■ WHAT TO PRODUCE ■
Work through the listing below, copying each line that carries the word "true".

═════ DATA EXTRACTS

-- ===== src/Uu/Encode.antt =====
-- A group of four characters gives its three bytes back.
use Prim.Native.Nat.{bit_or}
use cern_httpd.Base.{ℕ, ◌+◌, ◌*◌, ◌/◌, ◌%◌, ◌<◌, ◌≡◌, ap, ◌∙◌, [], ◌∷◌, arith}
use cern_httpd.Uu.{Bytes, enc, dec, char1, char2, char3, char4, group}
use cern_httpd.Uu.Bits.{dec-enc, or4, or16, or64, six_bits_2, six_bits_3, six_bits_4}

pub dec-char1 : (a : ℕ) → a < 256 → dec (char1 a) ≡ a / 4
unfolding char1
dec-char1 a h = dec-enc (a / 4) (omega arith)

pub dec-char2 : (a b : ℕ) → a < 256 → b < 256 → dec (char2 a b) ≡ a % 4 * 16 + b / 16
unfolding char2
dec-char2 a b ha hb =
    ap (λ v. dec (enc v)) (six_bits_2 a b ha hb) ∙ dec-enc (a % 4 * 16 + b / 16) (omega arith)

pub dec-char3 : (b c : ℕ) → b < 256 → c < 256 → dec (char3 b c) ≡ b % 16 * 4 + c / 64
unfolding char3
dec-char3 b c hb hc =
    ap (λ v. dec (enc v)) (six_bits_3 b c hb hc) ∙ dec-enc (b % 16 * 4 + c / 64) (omega arith)

pub dec-char4 : (c : ℕ) → c < 256 → dec (char4 c) ≡ c % 64
unfolding char4
dec-char4 c hc = ap (λ v. dec (enc v)) (six_bits_4 c hc) ∙ dec-enc (c % 64) (omega arith)

-- The three shifts, on six-bit values that are parts of bytes.
first_byte :
    (a b : ℕ) → a < 256 → b < 256 → bit_or (a / 4 * 4) ((a % 4 * 16 + b / 16) / 16) % 256 ≡ a
first_byte a b ha hb =
    let e : (a % 4 * 16 + b / 16) / 16 ≡ a % 4 = omega arith in
    rw (e, or4 (a / 4) (a % 4) (omega arith) (omega arith)) (omega arith)

second_byte :
    (a b c : ℕ)
    → a < 256
    → b < 256
    → c < 256
    → bit_or ((a % 4 * 16 + b / 16) * 16) ((b % 16 * 4 + c / 64) / 4) % 256 ≡ b
second_byte a b c ha hb hc =
    let e : (b % 16 * 4 + c / 64) / 4 ≡ b % 16 = omega arith in
    rw (e, or16 (a % 4 * 16 + b / 16) (b % 16) (omega arith) (omega arith)) (omega arith)

third_byte : (b c : ℕ) → b < 256 → c < 256 → bit_or ((b % 16 * 4 + c / 64) * 64) (c % 64) % 256 ≡ c
third_byte b c hb hc =
    rw (or64 (b % 16 * 4 + c / 64) (c % 64) (omega arith) (omega arith)) (omega arith)

pub group-three :
    (a b c : ℕ) (s : Bytes)
    → a < 256
    → b < 256
    → c < 256
    → group (char1 a ∷ char2 a b ∷ char3 b c ∷ char4 c ∷ s) ≡ a ∷ b ∷ c ∷ []
unfolding group
group-three a b c s ha hb hc =
    rw (dec-char1 a ha, dec-char2 a b ha hb, dec-char3 b c hb hc, dec-char4 c hc)
      (rw (first_byte a b ha hb, second_byte a b c ha hb hc, third_byte b c hb hc))

pub group-two :
    (a b : ℕ) (s : Bytes)
    → a < 256
    → b < 256
    → (x : ℕ) × (group (char1 a ∷ char2 a b ∷ char3 b 0 ∷ b'=' ∷ s) ≡ a ∷ b ∷ x ∷ [])
unfolding group
group-two a b s ha hb = (
  bit_or (dec (char3 b 0) * 64) (dec b'=') % 256,
  rw (dec-char1 a ha, dec-char2 a b ha hb, dec-char3 b 0 hb (omega arith))
      (rw (first_byte a b ha hb, second_byte a b 0 ha hb (omega arith))),
)

pub group-one :
    (a : ℕ) (s : Bytes)
    → a < 256
    → (x y : ℕ) × (group (char1 a ∷ char2 a 0 ∷ b'=' ∷ b'=' ∷ s) ≡ a ∷ x ∷ y ∷ [])
unfolding group
group-one a s ha = (
  bit_or (dec (char2 a 0) * 16) (dec b'=' / 4) % 256,
  bit_or (dec b'=' * 64) (dec b'=') % 256,
  rw (dec-char1 a ha, dec-char2 a 0 ha (omega arith)) (rw (first_byte a 0 ha (omega arith))),
)
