-- ===== src/Uu/RoundTrip.antt =====
-- HTUU_decode undoes HTUU_encode.
use mathlib.Core.Path.{ap₂}
use cern_httpd.Base.{
  ℕ, zero, suc, ◌+◌, ◌-◌, ◌*◌, ◌/◌, ◌%◌, ◌<◌, ◌≤◌, ◌≡◌, refl, ap, ◌∙◌, sym, true, [], ◌∷◌, ◌++◌,
  All, arith, get_or, ==_ne, length, take, leb, ◌≢◌,
}
use cern_httpd.Uu.{
  Bytes, dec, char1, char2, char3, char4, encode, skip_blanks, count_printable, groups,
  third_of_last, corrected, decoded_count, fitting, decode,
}
use cern_httpd.Uu.Encode.{
  dec-char1, dec-char2, dec-char3, dec-char4, group-three, group-two, group-one,
}

abbrev pub IsOctet : ℕ → Type 0
IsOctet a = a < 256

-- How many characters of the encoding are not `=`.
printable_length : Bytes → ℕ
printable_length [] = 0
printable_length (a ∷ []) = 2
printable_length (a ∷ b ∷ []) = 3
printable_length (a ∷ b ∷ c ∷ bs) = suc (suc (suc (suc (printable_length bs))))

counted : (c : ℕ) (s : Bytes) → dec c < 64 → count_printable (c ∷ s) ≡ suc (count_printable s)
unfolding count_printable
counted c s h = let e : leb (dec c) 63 ≡ true = ground arith in rw e

char1-small : (a : ℕ) → IsOctet a → dec (char1 a) < 64
char1-small a h = omega (arith, dec-char1 a h)

char2-small : (a b : ℕ) → IsOctet a → IsOctet b → dec (char2 a b) < 64
char2-small a b ha hb = omega (arith, dec-char2 a b ha hb)

char3-small : (a b : ℕ) → IsOctet a → IsOctet b → dec (char3 a b) < 64
char3-small a b ha hb = omega (arith, dec-char3 a b ha hb)

char4-small : (a : ℕ) → IsOctet a → dec (char4 a) < 64
char4-small a h = omega (arith, dec-char4 a h)

counted_pad : (s : Bytes) → count_printable (b'=' ∷ s) ≡ 0
unfolding count_printable
counted_pad s = refl

octet0 : IsOctet 0
octet0 = omega arith

count_printable-encode :
    (bs : Bytes) → All IsOctet bs → count_printable (encode bs 0 0) ≡ printable_length bs
unfolding encode printable_length
count_printable-encode [] h = unfold count_printable in refl
count_printable-encode (a ∷ []) h =
    counted (char1 a) _ (char1-small a h.0)
    ∙ ap suc (counted (char2 a 0) _ (char2-small a 0 h.0 octet0) ∙ ap suc (counted_pad (b'=' ∷ [])))
count_printable-encode (a ∷ b ∷ []) h =
    counted (char1 a) _ (char1-small a h.0)
    ∙ ap suc (
        counted (char2 a b) _ (char2-small a b h.0 h.1.0)
        ∙ ap suc (counted (char3 b 0) _ (char3-small b 0 h.1.0 octet0) ∙ ap suc (counted_pad [])))
count_printable-encode (a ∷ b ∷ c ∷ bs) h =
    counted (char1 a) _ (char1-small a h.0)
    ∙ ap suc (
        counted (char2 a b) _ (char2-small a b h.0 h.1.0)
        ∙ ap suc (
            counted (char3 b c) _ (char3-small b c h.1.0 h.1.1.0)
            ∙ ap suc (
                counted (char4 c) (encode bs 0 0) (char4-small c h.1.1.0)
                ∙ ap suc (count_printable-encode bs h.1.1.1))))

take-groups-encode :
    (bs : Bytes)
    → All IsOctet bs
    → take (length bs) (groups (printable_length bs) (encode bs 0 0)) ≡ bs
unfolding encode printable_length groups
take-groups-encode [] h = refl
take-groups-encode (a ∷ []) h = let (x, y, e) = group-one a [] h.0 in ap (take 1) e
take-groups-encode (a ∷ b ∷ []) h = let (x, e) = group-two a b [] h.0 h.1.0 in ap (take 2) e
take-groups-encode (a ∷ b ∷ c ∷ bs) h =
    ap (λ g. take (suc (suc (suc (length bs)))) (g ++ groups (printable_length bs) (encode bs 0 0)))
      (group-three a b c (encode bs 0 0) h.0 h.1.0 h.1.1.0)
    ∙ ap (λ t. a ∷ b ∷ c ∷ t) (take-groups-encode bs h.1.1.1)

-- Behind the loop of HTUU_decode.
abbrev final_count : ℕ → Bytes → ℕ
final_count n s = decoded_count ((n + 3) / 4 * 3) n s

third_of_last-group :
    (n : ℕ) (c1 c2 c3 c4 : ℕ) (s : Bytes)
    → 0 < n
    → third_of_last (suc (suc (suc (suc n)))) (c1 ∷ c2 ∷ c3 ∷ c4 ∷ s) ≡ third_of_last n s
unfolding third_of_last
third_of_last-group n c1 c2 c3 c4 s h =
    let k : ℕ = (n + 3) / 4 * 4 - 2 in
    let e : (suc (suc (suc (suc n))) + 3) / 4 * 4 - 2 ≡ suc (suc (suc (suc k))) = omega arith in
    ap (λ i. get_or (c1 ∷ c2 ∷ c3 ∷ c4 ∷ s) i 0) e

corrected-add :
    (nb left value : ℕ) → 2 ≤ nb → corrected (nb + 3) left value ≡ corrected nb left value + 3
unfolding corrected
corrected-add nb left value h = ground arith

decoded_count_lem :
    (nb n : ℕ) (s : Bytes) → decoded_count nb n s ≡ corrected nb (n % 4) (dec (third_of_last n s))
unfolding decoded_count
decoded_count_lem nb n s = refl

final_count-group :
    (n : ℕ) (c1 c2 c3 c4 : ℕ) (s : Bytes)
    → final_count (suc (suc (suc (suc n)))) (c1 ∷ c2 ∷ c3 ∷ c4 ∷ s) ≡ final_count n s + 3
final_count-group zero c1 c2 c3 c4 s = unfold decoded_count in refl
final_count-group (suc n) c1 c2 c3 c4 s =
    let nb : ℕ = (suc n + 3) / 4 * 3 in
    let e : (suc (suc (suc (suc (suc n)))) + 3) / 4 * 3 ≡ nb + 3 = omega arith in
    let r : suc (suc (suc (suc (suc n)))) % 4 ≡ suc n % 4 = omega arith in
    decoded_count_lem _ (suc (suc (suc (suc (suc n))))) (c1 ∷ c2 ∷ c3 ∷ c4 ∷ s)
    ∙ ap₂
        (λ x y.
          corrected x y
            (dec (third_of_last (suc (suc (suc (suc (suc n))))) (c1 ∷ c2 ∷ c3 ∷ c4 ∷ s))))
        e r
    ∙ ap (λ t. corrected (nb + 3) (suc n % 4) (dec t))
        (third_of_last-group (suc n) c1 c2 c3 c4 s (omega arith))
    ∙ corrected-add nb (suc n % 4) (dec (third_of_last (suc n) s)) (omega arith)
    ∙ ap (λ t. t + 3) (sym (decoded_count_lem nb (suc n) s))

corrected_two : (value : ℕ) → value < 64 → corrected 3 3 value ≡ 2
unfolding corrected
corrected_two value h = ground arith

final_count-encode :
    (bs : Bytes) → All IsOctet bs → final_count (printable_length bs) (encode bs 0 0) ≡ length bs
unfolding encode printable_length decoded_count
final_count-encode [] h = unfold decoded_count in refl
final_count-encode (a ∷ []) h = unfold decoded_count in refl
final_count-encode (a ∷ b ∷ []) h =
    ap (corrected 3 3) (dec-char3 b 0 h.1.0 octet0)
    ∙ corrected_two (b % 16 * 4 + 0 / 64) (omega arith)
final_count-encode (a ∷ b ∷ c ∷ bs) h =
    final_count-group (printable_length bs) (char1 a) (char2 a b) (char3 b c) (char4 c)
      (encode bs 0 0)
    ∙ omega (arith, final_count-encode bs h.1.1.1)

dec_space : dec b' ' ≡ 64
unfolding dec
dec_space = refl

dec_tab : dec 9 ≡ 64
unfolding dec
dec_tab = refl

printable-ne-blank : (c : ℕ) → dec c < 64 → (c ≢ b' ') × (c ≢ 9)
printable-ne-blank c h = (
  λ e. let d : dec c ≡ 64 = ap dec e ∙ dec_space in omega arith,
  λ e. let d : dec c ≡ 64 = ap dec e ∙ dec_tab in omega arith,
)

skip_blanks_printable : (c : ℕ) (s : Bytes) → dec c < 64 → skip_blanks (c ∷ s) ≡ c ∷ s
unfolding skip_blanks
skip_blanks_printable c s h =
    let (space, tab) = printable-ne-blank c h in rw (==_ne c b' ' space, ==_ne c 9 tab)

skip_blanks-encode : (bs : Bytes) → All IsOctet bs → skip_blanks (encode bs 0 0) ≡ encode bs 0 0
unfolding encode
skip_blanks-encode [] h = unfold skip_blanks in refl
skip_blanks-encode (a ∷ []) h = skip_blanks_printable (char1 a) _ (char1-small a h.0)
skip_blanks-encode (a ∷ b ∷ []) h = skip_blanks_printable (char1 a) _ (char1-small a h.0)
skip_blanks-encode (a ∷ b ∷ c ∷ bs) h = skip_blanks_printable (char1 a) _ (char1-small a h.0)

room_for : (bs : Bytes) → (printable_length bs + 3) / 4 * 3 ≡ (length bs + 2) / 3 * 3
unfolding printable_length
room_for [] = refl
room_for (a ∷ []) = refl
room_for (a ∷ b ∷ []) = refl
room_for (a ∷ b ∷ c ∷ bs) = omega (arith, room_for bs)

-- What HTUU_decode does behind the blanks.
abbrev decode_from : ℕ → Bytes → Bytes × ℕ
decode_from outbufsize s =
    let n = count_printable s in
    let m = fitting outbufsize n in (groups m s, decoded_count ((n + 3) / 4 * 3) m s)

decode_open :
    (bufcoded : Bytes) (outbufsize : ℕ)
    → decode bufcoded outbufsize ≡ decode_from outbufsize (skip_blanks bufcoded)
unfolding decode
decode_open bufcoded outbufsize = refl

decode_lem :
    (bufcoded : Bytes) (outbufsize : ℕ) (s : Bytes) (n : ℕ)
    → skip_blanks bufcoded ≡ s
    → count_printable s ≡ n
    → fitting outbufsize n ≡ n
    → decode bufcoded outbufsize ≡ (groups n s, final_count n s)
decode_lem bufcoded outbufsize s n skipped counts fits =
    decode_open bufcoded outbufsize
    ∙ ap (decode_from outbufsize) skipped
    ∙ ap
        (λ k. (
          groups (fitting outbufsize k) s,
          decoded_count ((k + 3) / 4 * 3) (fitting outbufsize k) s,
        ))
        counts
    ∙ ap (λ m. (groups m s, decoded_count ((n + 3) / 4 * 3) m s)) fits

fitting-room : (outbufsize n : ℕ) → (n + 3) / 4 * 3 ≤ outbufsize → fitting outbufsize n ≡ n
unfolding fitting
fitting-room outbufsize n h = ground arith

-- HTUU_decode, given the encoding of a string of bytes and room for its groups of three, returns
-- the number of the bytes, and has written these bytes.
pub decode-encode :
    (bs : Bytes) (outbufsize : ℕ)
    → All IsOctet bs
    → (length bs + 2) / 3 * 3 ≤ outbufsize
    → ((decode (encode bs 0 0) outbufsize).1 ≡ length bs)
      × (take (length bs) (decode (encode bs 0 0) outbufsize).0 ≡ bs)
decode-encode bs outbufsize h room =
    let whole =
      decode_lem (encode bs 0 0) outbufsize (encode bs 0 0) (printable_length bs)
        (skip_blanks-encode bs h) (count_printable-encode bs h)
        (fitting-room outbufsize (printable_length bs) (omega (arith, room_for bs))) in
    (
      ap (λ (r : Bytes × ℕ). r.1) whole ∙ final_count-encode bs h,
      ap (λ (r : Bytes × ℕ). take (length bs) r.0) whole ∙ take-groups-encode bs h,
    )
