-- ===== src/Passwd/File.antt =====
-- HTAA_checkPassword on the lines of a password file, and on every file that there is.
use cern_httpd.Base.{
  ℕ, zero, suc, ◌≤◌, ◌<◌, ◌≡◌, refl, ap, ◌∙◌, Bool, true, false, Option, none, some, List, [], ◌∷◌,
  ◌++◌, length, length-append, arith, inl, inr, Bool-cases, if◌then◌else◌, All,
}
use cern_httpd.Str.{CStr}
use cern_httpd.AaFile.{is_eol, is_blank, read_field, ends_item}
use cern_httpd.AaFile.Plain.{IsItemChar, read_item-plain}
use cern_httpd.Passwd.{
  to_eol, past_eol, next_passwd_rec, read_passwd_rec, rec_from, PasswdRec, two_fields, is_user,
  rec_accepts, check_rec, passwd_loop, check_opened, check_password, passwd_filename,
  max_username_len, max_password_len,
}

-- A character of a field: no blank, no colon, no end of a line, and not the terminator.
abbrev pub IsFieldChar : ℕ → Type 0
IsFieldChar c = IsItemChar false c

ends_item-not_blank : (ch : ℕ) → ends_item false ch ≡ true → is_blank ch ≡ false
unfolding ends_item is_blank
ends_item-not_blank ch e = ground arith

-- A field is read up to the character that ends it.
pub read_field-plain :
    (n : ℕ) (w : CStr) (ch : ℕ) (rest : List ℕ)
    → All IsFieldChar w
    → length w ≤ n
    → ends_item false ch ≡ true
    → read_field n (w ++ (ch ∷ rest)) ≡ (some ch, w, (if is_eol ch then ch ∷ rest else rest))
unfolding read_field
read_field-plain n w ch rest h le e =
    read_item-plain false n w ch rest h le e (ends_item-not_blank ch e)

-- A line of the password file: the user's name, the password, and maybe a third field.
pub record Entry : Type 0 where
  pub user : CStr
  pub password : CStr
  pub more : Option CStr

abbrev pub line_end : Option CStr → List ℕ → List ℕ
line_end none rest = 10 ∷ rest
line_end (some name) rest = b':' ∷ (name ++ (10 ∷ rest))

abbrev pub file_of : List Entry → List ℕ
file_of [] = []
file_of (e ∷ es) = e.user ++ (b':' ∷ (e.password ++ line_end e.more (file_of es)))

abbrev pub MoreOnLine : Option CStr → Type 0
MoreOnLine none = Unit
MoreOnLine (some name) = All (λ c. is_eol c ≡ false) name

abbrev pub IsEntry : Entry → Type 0
IsEntry e =
    All IsFieldChar e.user
    × (length e.user ≤ max_username_len)
    × All IsFieldChar e.password
    × (length e.password ≤ max_password_len)
    × MoreOnLine e.more

-- What the first record of the user says; a user without a record is not accepted.
abbrev pub verdict : (CStr → CStr → CStr) → Option CStr → Option CStr → List Entry → Bool
verdict crypt username password [] = false
verdict crypt username password (e ∷ es) =
    if is_user username e.user
    then rec_accepts crypt password e.password
    else verdict crypt username password es

not_eol : (c : ℕ) → ends_item false c ≡ false → is_eol c ≡ false
unfolding ends_item
not_eol c e = ground arith

past_eol-file_of : (es : List Entry) → All IsEntry es → past_eol (file_of es) ≡ file_of es
unfolding past_eol
past_eol-file_of [] h = refl
past_eol-file_of (e ∷ es) h = from_user e.user _ h.0.0
  where
    from_user :
        (user : CStr) (rest : List ℕ)
        → All IsFieldChar user
        → past_eol (user ++ (b':' ∷ rest)) ≡ user ++ (b':' ∷ rest)
    from_user [] rest hu = refl
    from_user (c ∷ user) rest hu = rw (not_eol c hu.0.2) refl

to_eol-name :
    (name : CStr) (rest : List ℕ)
    → All (λ c. is_eol c ≡ false) name
    → to_eol (name ++ (10 ∷ rest)) ≡ 10 ∷ rest
unfolding to_eol
to_eol-name [] rest h = refl
to_eol-name (c ∷ name) rest h = rw h.0 (to_eol-name name rest h.1)

rec_from-colon :
    (username : CStr) (text : List ℕ) (t : Option ℕ) (password : CStr) (rest : List ℕ)
    → read_field max_password_len text ≡ (t, password, rest)
    → rec_from (some b':', username, text) ≡ (two_fields username password, next_passwd_rec rest)
unfolding rec_from
rec_from-colon username text t password rest e =
    λ i. (two_fields username (e i).1, next_passwd_rec (e i).2)

next_passwd_rec-end : (rest : List ℕ) → past_eol rest ≡ rest → next_passwd_rec (10 ∷ rest) ≡ rest
unfolding next_passwd_rec to_eol past_eol
next_passwd_rec-end rest p = p

next_passwd_rec-name :
    (name : CStr) (rest : List ℕ)
    → All (λ c. is_eol c ≡ false) name
    → past_eol rest ≡ rest
    → next_passwd_rec (name ++ (10 ∷ rest)) ≡ rest
unfolding next_passwd_rec
next_passwd_rec-name name rest h p = rw (to_eol-name name rest h) (next_passwd_rec-end rest p)

-- From the password on to the next line.
password_line :
    (username password : CStr) (more : Option CStr) (rest : List ℕ)
    → All IsFieldChar password
    → length password ≤ max_password_len
    → MoreOnLine more
    → past_eol rest ≡ rest
    → rec_from (some b':', username, password ++ line_end more rest)
      ≡ (two_fields username password, rest)
unfolding ends_item
password_line username password none rest h le hm p =
    rec_from-colon username _ _ _ _ (read_field-plain max_password_len password 10 rest h le refl)
    ∙ ap (λ (t : List ℕ). (two_fields username password, t)) (next_passwd_rec-end rest p)
password_line username password (some name) rest h le hm p =
    rec_from-colon username _ _ _ _ (read_field-plain max_password_len password b':' _ h le refl)
    ∙ ap (λ (t : List ℕ). (two_fields username password, t)) (next_passwd_rec-name name rest hm p)

-- A record of the file is read as it is.
read_passwd_rec-entry :
    (e : Entry) (es : List Entry)
    → IsEntry e
    → All IsEntry es
    → read_passwd_rec (file_of (e ∷ es)) ≡ (two_fields e.user e.password, file_of es)
unfolding read_passwd_rec ends_item
read_passwd_rec-entry e es h hs =
    ap rec_from (read_field-plain max_username_len e.user b':' _ h.0 h.1 refl)
    ∙ password_line e.user e.password e.more (file_of es) h.2 h.3 h.4 (past_eol-file_of es hs)

length-line_end : (more : Option CStr) (rest : List ℕ) → length rest < length (line_end more rest)
length-line_end none rest = omega arith
length-line_end (some name) rest = omega (arith, length-append name (10 ∷ rest))

length-file_of : (e : Entry) (es : List Entry) → length (file_of es) < length (file_of (e ∷ es))
length-file_of e es = omega (
  arith,
  length-append e.user (b':' ∷ (e.password ++ line_end e.more (file_of es))),
  length-append e.password (line_end e.more (file_of es)),
  length-line_end e.more (file_of es),
)

passwd_loop-file_of :
    (crypt : CStr → CStr → CStr) (username password : Option CStr) (fuel : ℕ) (es : List Entry)
    → All IsEntry es
    → length (file_of es) < fuel
    → passwd_loop crypt username password fuel (file_of es)
      ≡ some (verdict crypt username password es)
unfolding passwd_loop check_rec
passwd_loop-file_of crypt username password zero es h lt = absurd (omega arith)
passwd_loop-file_of crypt username password (suc fuel) [] h lt = refl
passwd_loop-file_of crypt username password (suc fuel) (e ∷ es) h lt =
    ap
      (λ (r : PasswdRec × List ℕ).
        check_rec crypt username password r.0 (passwd_loop crypt username password fuel r.1))
      (read_passwd_rec-entry e es h.0 h.1)
    ∙ by_user (
        passwd_loop-file_of crypt username password fuel es h.1
          (omega (arith, length-file_of e es)))
  where
    by_user :
        passwd_loop crypt username password fuel (file_of es)
          ≡ some (verdict crypt username password es)
        → check_rec crypt username password
            (two_fields e.user e.password)
            (passwd_loop crypt username password fuel (file_of es))
          ≡ some (verdict crypt username password (e ∷ es))
    by_user ih = elim (Bool-cases (is_user username e.user)) [ inl t ↦ rw t refl | inr f ↦ rw f ih ]

-- On the lines of a password file, HTAA_checkPassword answers by the first record of the user: it
-- accepts one without a password, and otherwise the password that HTAA_passwdMatch accepts; a user
-- without a record is refused.
pub check_password-file_of :
    (crypt : CStr → CStr → CStr) (open_file : CStr → Option (List ℕ))
    (username password filename : Option CStr) (es : List Entry)
    → All IsEntry es
    → open_file (passwd_filename filename) ≡ some (file_of es)
    → check_password crypt open_file username password filename
      ≡ some (verdict crypt username password es)
unfolding check_password check_opened
check_password-file_of crypt open_file username password filename es h e =
    rw e
      (passwd_loop-file_of crypt username password (suc (length (file_of es))) es h (omega arith))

══════════

■ RESPONSE TO THIS EXERCISE ■
  ℕ, zero, suc, ◌+◌, ◌-◌, ◌*◌, ◌/◌, ◌%◌, ◌<◌, ◌≤◌, ◌≡◌, refl, ap, ◌∙◌, sym, true, [], ◌∷◌, ◌++◌,
counted c s h = let e : leb (dec c) 63 ≡ true = ground arith in rw e
  ℕ, zero, suc, ◌≤◌, ◌<◌, ◌≡◌, refl, ap, ◌∙◌, Bool, true, false, Option, none, some, List, [], ◌∷◌,
ends_item-not_blank : (ch : ℕ) → ends_item false ch ≡ true → is_blank ch ≡ false
    → ends_item false ch ≡ true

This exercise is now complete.